I think it’s fair to say that Benjamin J. Marrison, editor of The Columbus Dispatch, is forthright. Here is what he said in an article in yesterday’s editions: “Thursday’s front page made me want to vomit.”
Thursday’s front page misspelled the first name of the president of the United States, twice. And Mr. Marrison went on to recount other instances of embarrassing errors creeping into his pages.
I’m not going to badmouth The Dispatch, where I have been a guest on a couple of occasions, and some of whose copy editors I have known for years and whose chagrin I can share. What Mr. Marrison describes can happen, and does happen, at any newspaper. At any publication. That is why I’d like to address the situation broadly, beyond The Dispatch.
The brutal fact is that American newspapers, coping with drastically shrinking revenue, have drastically reduced the levels of editing, with a concomitant increase in errors, slipshod writing, and other defects. Copy editing, in particular, was seen at the corporate level as a cost center, an expensive frill, money wasted on people obsessing with commas. Copy desk staffs have been decimated, more than once, or eliminated outright with the work transferred to distant “hubs,” where, unlike Cheers, nobody knows your name.
So let me pose a couple of topics for publishers and editors to consider.
It seems clear from the reports of the few remaining ombudsmen (another frill) that readers are complaining about errors in print and seeing their number increase.

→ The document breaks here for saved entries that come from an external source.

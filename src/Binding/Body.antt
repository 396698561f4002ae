-- ===== src/Binding/Body.antt =====
-- internal/httpx/request.go and raw.go: the policy on bodies and what is made of their bytes.
pub mod Refusals
pub mod Chunks
pub mod Verdict
use golang_postgres_starter.Base.{
  is_empty, ℕ, Text, codes, Bool, false, ◌&&◌, ◌||◌, not, if◌then◌else◌, ◌==◌, nat_eq, text_eq,
  List, [], ◌∷◌, ◌++◌, Option, none, some, trim_space, trim_prefix, has_prefix,
}
use golang_postgres_starter.Strconv.{ℤ, format_nat, format_int}
use golang_postgres_starter.Problem.{bad_request, payload_too_large}
use golang_postgres_starter.Problem.Errors.{GoError, plain, Result, ok, failed}
use golang_postgres_starter.Binding.Wire.{
  Carrier, End, Stream, Wire, body_present, broken, check_json_media_type, finished, leading_byte,
  limited, max_body_bytes, over_limit, raw_json_body_limit, refuse,
}

-- What errors.As, errors.Is and the text tell of an error of the JSON decoder.
pub record JsonError : Type 0 where
  pub is_too_large : Bool
  pub syntactic : Option ℤ
  pub is_unexpected_eof : Bool
  pub is_unknown_name : Bool
  pub semantic : Option Text
  pub is_eof : Bool
  pub message : Text

pub data Decoding (B : Type 0) : Type 0 where
  decoded : B → Decoding B
  undecodable : JsonError → Decoding B

-- strings.Contains
unfoldable pub contains_text : Text → Text → Bool
contains_text [] sub = has_prefix [] sub
contains_text (c ∷ cs) sub = has_prefix (c ∷ cs) sub || contains_text cs sub

module _ (quote : Text → Text) where
  unfoldable pub unknown_member : Option Text → Text → GoError
  unknown_member (some (c ∷ cs)) message =
      refuse bad_request
        (codes "Invalid request: unknown field " ++ quote (trim_prefix (c ∷ cs) (codes "/")))
  unknown_member _ message = refuse bad_request (
      codes "Invalid request: unknown field " ++ trim_prefix message (codes "json: unknown field "))

  abbrev pub semantic_or : Option Text → GoError → GoError
  semantic_or (some pointer) rest =
      refuse bad_request (codes "Invalid request: incorrect JSON type for field " ++ quote pointer)
  semantic_or none rest = rest

  abbrev pub syntactic_or : Option ℤ → GoError → GoError
  syntactic_or (some offset) rest =
      refuse bad_request
        (codes "Invalid request: malformed JSON at character " ++ format_int offset)
  syntactic_or none rest = rest

  -- The switch of decodeJSONBody.
  unfoldable pub json_problem : JsonError → GoError
  unfolding unknown_member
  json_problem e =
      if e.is_too_large || contains_text e.message (codes "http: request body too large")
      then refuse payload_too_large
          (codes "body must not be larger than " ++ (format_nat max_body_bytes ++ codes " bytes"))
      else syntactic_or e.syntactic (
          if e.is_unexpected_eof
          then refuse bad_request (codes "Invalid request: malformed JSON")
          else (if e.is_unknown_name
              then unknown_member e.semantic e.message
              else semantic_or e.semantic (
                  if e.is_eof
                  then refuse bad_request (codes "Invalid request: body must not be empty")
                  else refuse bad_request (codes "Invalid request: " ++ e.message))))

  unfoldable pub decode_outcome : {B : Type 0} → List ℕ → Decoding B → Result B
  unfolding json_problem
  decode_outcome bytes (undecodable e) = failed (json_problem e)
  decode_outcome bytes (decoded b) =
      if leading_byte bytes == b'n'
      then failed (refuse bad_request (codes "Invalid request: body must not be null"))
      else ok b

module _ {B : Type 0} (quote : Text → Text) (unmarshal : Stream → Decoding B) where
  -- `decodeJSONBody`
  unfoldable pub decode_json_body : Wire → Result B
  unfolding decode_outcome limited
  decode_json_body wire =
      let stream = limited max_body_bytes wire in
      decode_outcome quote stream.bytes (unmarshal stream)

-- `RawJSON`, with the bytes as they came.
pub record RawJson (B : Type 0) : Type 0 where
  pub raw : List ℕ
  pub value : B
  pub err : Option GoError

-- The value of the field of a body.
pub data BodyValue (B : Type 0) : Type 0 where
  absent : BodyValue B
  json : B → BodyValue B
  raw_json : RawJson B → BodyValue B

-- The part of a `bodyPlan` that binding reads.
pub record BodyPlan : Type 0 where
  pub index : ℕ
  pub required : Bool
  pub raw : Bool
  pub reject_raw_null : Bool

abbrev pub body_required : GoError
body_required = refuse bad_request (codes "request body required")

-- The error of a decoding, or that of a null which the payload does not allow.
unfoldable pub raw_error : Bool → List ℕ → Option GoError → Option GoError
raw_error reject_null bytes (some err) = some err
raw_error reject_null bytes none =
    if reject_null && (trim_space bytes == codes "null")
    then some (plain (codes "request body must not be null"))
    else none

abbrev pub wire_of : Option Wire → Wire
wire_of none = record { bytes = []; is_broken = false }
wire_of (some wire) = wire

module _ {B : Type 0} (unmarshal_raw : List ℕ → B × Option GoError) where
  abbrev pub captured : Bool → List ℕ → B × Option GoError → RawJson B
  captured reject_null bytes (value, err) = record {
    raw = bytes;
    value = value;
    err = raw_error reject_null bytes err;
  }

  unfoldable pub capture_outcome : Bool → List ℕ → End → Result (RawJson B)
  unfolding raw_error
  capture_outcome reject_null bytes finished = ok (captured reject_null bytes (unmarshal_raw bytes))
  capture_outcome reject_null bytes over_limit =
      failed (refuse payload_too_large (codes "request body is too large"))
  capture_outcome reject_null bytes broken =
      failed (refuse bad_request (codes "failed to read request body"))

  -- `bindRawBody`
  unfoldable pub bind_raw_body : Bool → Option Wire → Result (RawJson B)
  unfolding capture_outcome limited
  bind_raw_body reject_null body =
      let stream = limited raw_json_body_limit (wire_of body) in
      capture_outcome reject_null stream.bytes stream.end

-- A required body has bytes.
unfoldable pub sized : {B : Type 0} → Bool → Result (RawJson B) → Result (BodyValue B)
sized required (failed err) = failed err
sized required (ok rj) =
    if required && is_empty rj.raw then failed body_required else ok (raw_json rj)

abbrev pub as_json : {B : Type 0} → Result B → Result (BodyValue B)
as_json (ok b) = ok (json b)
as_json (failed err) = failed err

abbrev pub unless_refused :
    {B : Type 0} → Option GoError → Result (BodyValue B) → Result (BodyValue B)
unless_refused (some err) next = failed err
unless_refused none next = next

module _ {B : Type 0} (quote : Text → Text) (unmarshal : Stream → Decoding B)
    (unmarshal_raw : List ℕ → B × Option GoError) where
  -- What is done behind the check of the media type.
  unfoldable pub bind_present : BodyPlan → Option Wire → Bool → Result (BodyValue B)
  unfolding sized bind_raw_body decode_json_body
  bind_present plan body present =
      if plan.raw
      then (if not present && plan.required
          then failed body_required
          else sized plan.required (bind_raw_body unmarshal_raw plan.reject_raw_null body))
      else (if present
          then as_json (decode_json_body quote unmarshal (wire_of body))
          else (if plan.required then failed body_required else ok absent))

  -- `bindBody`
  unfoldable pub bind_body : BodyPlan → Carrier → Result (BodyValue B)
  unfolding bind_present body_present check_json_media_type
  bind_body plan r =
      let present = body_present r in
      let next = bind_present plan r.body present in
      if present then unless_refused (check_json_media_type r.content_type) next else next
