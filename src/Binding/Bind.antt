-- ===== src/Binding/Bind.antt =====
-- internal/httpx/request.go: the compiled plan of a request, and `bind`.
use golang_postgres_starter.Base.{
  ℕ, Text, codes, Bool, ◌==◌, nat_eq, if◌then◌else◌, List, [], ◌∷◌, ◌++◌, Option, none, some,
}
use golang_postgres_starter.Strconv.{format_nat}
use golang_postgres_starter.Problem.{
  ValidationError, errors, new, bad_request, unprocessable_entity,
}
use golang_postgres_starter.Problem.Errors.{GoError, problem, Result, ok, failed}
use golang_postgres_starter.Binding.{Source, Parameters, Value, Setter, lookup_raw}
use golang_postgres_starter.Binding.Body.{Decoding, BodyPlan, BodyValue, absent, bind_body}
use golang_postgres_starter.Binding.Wire.{Carrier, Stream, refuse}

-- `enumSegment`
pub data EnumSegment : Type 0 where
  named : Text → EnumSegment
  at : ℕ → EnumSegment

-- `enumPath.field`
unfoldable pub field : List EnumSegment → Text → List EnumSegment
field trail [] = trail
field trail (c ∷ cs) = trail ++ (named (c ∷ cs) ∷ [])

-- The loop of `enumPath.String` behind what is written already.
unfoldable pub write_path : Text → List EnumSegment → Text
write_path written [] = written
write_path written (at i ∷ rest) =
    write_path (written ++ (b'[' ∷ (format_nat i ++ (b']' ∷ [])))) rest
write_path [] (named name ∷ rest) = write_path name rest
write_path (c ∷ cs) (named name ∷ rest) = write_path ((c ∷ cs) ++ (b'.' ∷ name)) rest

-- `enumErrorPath`
unfoldable pub enum_error_path : List EnumSegment → Text
unfolding write_path
enum_error_path trail = or_body (write_path [] trail)
  where
    or_body : Text → Text
    or_body [] = codes "body"
    or_body (c ∷ cs) = c ∷ cs

-- A compiled `enumValidator` of values of a type: what it appends.
abbrev pub EnumCheck : Type 0 → Type 0
EnumCheck V = V → List EnumSegment → List ValidationError

-- `fieldBinder`; the reader of its raw value is `lookup_raw` of the source and the name.
pub record FieldBinder (L : Type 0) : Type 0 where
  pub index : ℕ
  pub source : Source
  pub name : Text
  pub assign : Setter L
  pub validate_enums : Option (EnumCheck (Value L))
  pub bind_detail : Text

-- The part of a `requestPlan` that binding and the documents read.
pub record RequestPlan (L B : Type 0) : Type 0 where
  pub fields : List (FieldBinder L)
  pub body : Option BodyPlan
  pub validate_body : Option (EnumCheck (BodyValue B))
  pub has_query : Bool
  pub no_input : Bool
  pub can_fail_bind : Bool
  pub path_params : List Text

-- A request struct: its parameters by the index of the field, and its body.
pub record Target (L B : Type 0) : Type 0 where
  pub fields : ℕ → Value L
  pub body : BodyValue B

abbrev pub put : {L : Type 0} → ℕ → Value L → (ℕ → Value L) → ℕ → Value L
put index v fields i = if i == index then v else fields i

abbrev pub read_query : Bool → Parameters → Parameters
read_query has_query r = if has_query then r else record r { query = [] }

abbrev pub found_by :
    {V : Type 0} → Option (EnumCheck V) → V → List EnumSegment → List ValidationError
found_by none v trail = []
found_by (some check) v trail = check v trail

module _ {L : Type 0} where
  abbrev pub bind_error : FieldBinder L → GoError
  bind_error f = refuse bad_request f.bind_detail

  -- The loop over the parameter fields.
  unfoldable pub bind_fields :
      List (FieldBinder L) → Parameters → (ℕ → Value L) → Result (ℕ → Value L)
  bind_fields [] r values = ok values
  bind_fields (f ∷ fs) r values = elim (lookup_raw f.source f.name r) [
    | none ↦ bind_fields fs r values
    | some raw ↦ elim (f.assign (values f.index) raw) [
      | none ↦ failed (bind_error f)
      | some v ↦ bind_fields fs r (put f.index v values)
    ]
  ]

  -- What the fields' enum checks append.
  unfoldable pub enum_errors : List (FieldBinder L) → (ℕ → Value L) → List ValidationError
  unfolding field
  enum_errors [] values = []
  enum_errors (f ∷ fs) values =
      found_by f.validate_enums (values f.index) (field [] f.name) ++ enum_errors fs values

abbrev pub invalid_fields : List ValidationError → Option GoError
invalid_fields [] = none
invalid_fields (e ∷ es) =
    let p = new unprocessable_entity (codes "One or more fields are invalid") in
    some (problem (record p { extensions = (codes "errors", errors (e ∷ es)) ∷ [] }))

module _ {L B : Type 0} where
  -- `validateEnumValues`
  unfoldable pub validate_enum_values : RequestPlan L B → Target L B → Option GoError
  unfolding enum_errors
  validate_enum_values plan t =
      invalid_fields (enum_errors plan.fields t.fields ++ found_by plan.validate_body t.body [])

  abbrev pub or_target : Option GoError → Target L B → Result (Target L B)
  or_target none t = ok t
  or_target (some err) t = failed err

  -- The struct validator and then the enum checks.
  unfoldable pub validated :
      (Target L B → Option GoError) → RequestPlan L B → Target L B → Result (Target L B)
  unfolding validate_enum_values
  validated validate plan t = elim (validate t) [
    | none ↦ or_target (validate_enum_values plan t) t
    | some err ↦ failed err
  ]

  unfoldable pub bind_parameters :
      (Target L B → Option GoError)
      → RequestPlan L B
      → Parameters
      → (ℕ → Value L)
      → BodyValue B
      → Result (Target L B)
  unfolding bind_fields validated
  bind_parameters validate plan r zero body =
      elim (bind_fields plan.fields (read_query plan.has_query r) zero) [
        | failed err ↦ failed err
        | ok values ↦ validated validate plan (record { fields = values; body = body })
      ]

  unfoldable pub bind_read :
      (Target L B → Option GoError)
      → RequestPlan L B
      → Parameters
      → (ℕ → Value L)
      → Result (BodyValue B)
      → Result (Target L B)
  unfolding bind_parameters
  bind_read validate plan r zero (failed err) = failed err
  bind_read validate plan r zero (ok body) = bind_parameters validate plan r zero body

module _ {B : Type 0} (quote : Text → Text) (unmarshal : Stream → Decoding B)
    (unmarshal_raw : List ℕ → B × Option GoError) where
  -- The body of a plan that has one.
  unfoldable pub read_body : Option BodyPlan → Carrier → Result (BodyValue B)
  read_body none carrier = ok absent
  read_body (some bp) carrier = bind_body quote unmarshal unmarshal_raw bp carrier

  -- `requestPlan.bind`, into a struct whose fields are `zero`. `validate` is the validator on it.
  unfoldable pub bind :
      {L : Type 0}
      → (Target L B → Option GoError)
      → RequestPlan L B
      → Carrier
      → Parameters
      → (ℕ → Value L)
      → Result (Target L B)
  unfolding bind_read read_body
  bind validate plan carrier r zero = bind_read validate plan r zero (read_body plan.body carrier)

One of the unexamined assumptions of the War on Editing is that readers, comfortable with the lack of editing standards on the Internet, would be fine with low-grade stuff in print. I know that newspapers notoriously do little audience research, but have you made any effort to determine whether this is actually the case? Do errors make your readers want to vomit, too?
The other unexamined assumption was that, with the elimination of copy editors, reporters would pull up their socks and make greater efforts at accuracy, knowing that there would be fewer checks on their articles. How’s that working out for you?* Anybody holding the reporters responsible? (Remember that what is everyone’s job is usually no one’s job.)
Newspapers are struggling to learn new tricks. They are beginning to adjust to Web-first publication instead of holding on to stories for hours-old appearance in print. They are trying to juggle photo, video, Web, and print, though they have not yet figured out how to do so efficiently. They are beginning the attempt to engage with readers through social media. And they are doing this with fewer people than they have had in decades. It’s very difficult.
One can hope that in time, as they master the new tricks, they will relearn some old ones: accuracy, clarity, quality.
*I know that at The Sun I find typos and other errors in the SEO (search engine optimization) fields of articles reaching the copy desk. Since those articles are approved for the Web before reaching the copy desk, Google and the other aggregators that have made a pass at those articles will have picked up the errors and spread them abroad.